The Trump administration indicated its view on the importance of PM2.5 science recently in a draft report by the Office of Management and Budget, required by Congress, on the economic justification for regulations over the past 10 years. OMB tallied up the benefits of air pollution rules as outstripping the costs by a factor of at least 4-to-1, but said that the benefits are “mostly attributable to the reduction in public exposure to fine particulate matter.” The Clean Power Plan is an example—a co-benefit of reducing coal-burning that causes carbon dioxide is that it reduces particulate matter, too, which is added into the justification of the rule.
Steve Milloy, a senior fellow at the fossil fuel industry-funded Energy and Environment Legal Institute and publisher of Junkscience.com, who has been agitating against the PM2.5 studies for years, hailed Pruitt’s new policy at his website with the headline, “WINNING!” Milloy said he hopes Pruitt’s new policy will keep research like the Harvard and ACS studies out of EPA’s health assessment of particulate matter and will allow more consideration of reports that found no associated health risk. That new health risk assessment, in turn, will be the basis for new air regulations—or, in the case of Pruitt’s agenda, the legal justification for deregulation and the repeal of rules like the Clean Power Plan.
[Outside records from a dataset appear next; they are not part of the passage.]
-- ===== src/Chunk/Wrap.antt =====
-- `wrap_chunk_header` of src/RtmpProtocol.cpp.
pub mod Layout
use bls.Base.{
  ℕ, ◌+◌, ◌-◌, ◌*◌, ◌%◌, ◌<◌, Bool, true, false, Option, none, some, List, [], ◌∷◌, ◌++◌, Mem, poke,
  length, ltb, leb, if◌then◌else◌, ◌>>=◌,
}
use bls.Bytes.{byte, bytes_3, bytes_4, host_4}
use bls.Chunk.{Bucket, rtmp_chunk_header_max}

-- `cur_p` and the header memory that it points into.
pub record Cursor : Type 0 where
  pub mem : Mem
  pub pos : ℕ

-- Store bytes at `cur_p`, then move it. `none` is a store outside the header's 18 bytes.
abbrev pub emit : List ℕ → ℕ → Cursor → Option Cursor
emit bs n c =
    if leb (c.pos + length bs) rtmp_chunk_header_max
    then some (record { mem = poke c.mem c.pos bs; pos = c.pos + n })
    else none

-- What the first part of the function leaves: the cursor behind the chunk id, or the memory at the
-- early return on an id that is too big.
pub data Basic : Type 0 where
  too_big : Mem → Basic
  behind_id : Cursor → Basic

-- The first byte and the chunk id. `|=` joins bits that are zero in `fmt << 6`.
unfoldable pub write_basic_header : ℕ → ℕ → Mem → Option Basic
write_basic_header fmt chunk_id m =
    let start : Cursor = record { mem = m; pos = 0 } in
    if ltb chunk_id 64
    then (emit (((fmt * 64) % 256 + chunk_id % 64) ∷ []) 1 start >>= λ c. some (behind_id c))
    else if ltb chunk_id 320
    then (emit (((fmt * 64) % 256) ∷ []) 1 start >>= emit (((chunk_id - 64) % 256) ∷ []) 1 >>= λ c.
        some (behind_id c))
    else if ltb chunk_id 65599
    then (emit (((fmt * 64) % 256 + 1) ∷ []) 1 start >>= emit (host_4 (chunk_id - 64)) 2 >>= λ c.
        some (behind_id c))
    else (emit (((fmt * 64) % 256) ∷ []) 0 start >>= λ c. some (too_big c.mem))

-- `need_ext_timestamp` and the three timestamp bytes.
abbrev pub needs_ext : ℕ → ℕ → Bool
needs_ext fmt timestamp = if ltb fmt 3 then leb 16777215 timestamp else false

abbrev pub write_timestamp : ℕ → ℕ → Cursor → Option Cursor
write_timestamp fmt timestamp c =
    if ltb fmt 3
    then (if leb 16777215 timestamp
        then emit (host_4 0xFFFFFF) 3 c
        else emit (bytes_3 timestamp) 3 c)
    else some c

abbrev pub write_length_and_type : ℕ → ℕ → ℕ → Cursor → Option Cursor
write_length_and_type fmt msg_len type_id c =
    if ltb fmt 2 then emit (bytes_3 msg_len ++ byte type_id 0 ∷ []) 4 c else some c

abbrev pub write_stream_id : ℕ → ℕ → Cursor → Option Cursor
write_stream_id fmt msg_id c = if ltb fmt 1 then emit (host_4 msg_id) 4 c else some c

abbrev pub write_ext_timestamp : Bool → ℕ → Cursor → Option Cursor
write_ext_timestamp need timestamp c = if need then emit (bytes_4 timestamp) 4 c else some c

-- The fields behind the basic header, in their order on the wire.
unfoldable pub write_message_header : ℕ → ℕ → ℕ → ℕ → ℕ → Cursor → Option Cursor
write_message_header fmt timestamp msg_len type_id msg_id c =
    write_timestamp fmt timestamp c
    >>= write_length_and_type fmt msg_len type_id
    >>= write_stream_id fmt msg_id
    >>= write_ext_timestamp (needs_ext fmt timestamp) timestamp

abbrev finish : Bucket → ℕ → ℕ → Cursor → Bucket
finish b fmt chunk_id c = record b {
  header = c.mem;
  header_length = c.pos;
  header_recv_len = c.pos;
  chunk_id = chunk_id;
  format = fmt;
}

-- `wrap_chunk_header`. An id from 65599 on is refused when the first byte is already written.
unfoldable pub wrap_chunk_header : Bucket → ℕ → ℕ → ℕ → ℕ → ℕ → ℕ → Option Bucket
unfolding write_basic_header write_message_header
wrap_chunk_header b fmt chunk_id timestamp msg_len type_id msg_id =
    write_basic_header fmt chunk_id b.header >>= λ r. elim r [
      | too_big m ↦ some (record b { header = m })
      | behind_id c ↦
          (write_message_header fmt timestamp msg_len type_id msg_id c >>= λ d.
          some (finish b fmt chunk_id d))
    ]

-- The default arguments of a continuation chunk.
abbrev pub wrap_continuation : Bucket → ℕ → Option Bucket
wrap_continuation b chunk_id = wrap_chunk_header b 3 chunk_id 0 0 0 0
“I can’t think of anything more urgent,” Milloy said. “The most devastating rules of the Obama administration—mercury and air toxics, the Clean Power Plan, even [ozone], they all depend on PM2.5 junk science,” he said. “Those are the biggest, most expensive and highest profile rules the EPA has ever issued. … They are the heart and soul of the ‘War on Coal’.”
Pruitt’s edict comes at the same time he is reconstituting the EPA’s science advisory boards to include more industry-sponsored scientists and to eliminate scientists who receive federal funding. Under the ethics rules that he has put into place, it is considered a conflict of interest for a science advisory committee to receive EPA funding, but not a problem for a committee member to receive industry funding.
The newly installed chairman of the Clean Air Science Advisory Committee, which will have a key role in reviewing EPA’s particulate matter science assessment, is Louis Anthony (Tony) Cox Jr., a Denver-based consultant. Cox published a study funded by the American Petroleum Institute last May that concludes socioeconomic factors are to blame for asthma—not air pollution like particulate matter.
Nolen, of the Lung Association, said that “in a normal world” the advisory committee could be counted on to make sure that the EPA was relying on well-corroborated science, and not outlier findings, in its health assessment. But she is not sure that will be the case under the advisory committees as remade by Pruitt.
“When you’re trying to stack the deck as to who does the review, and which research you review, you are really trying to shape the outcome of their review, and that is a great concern,” she said.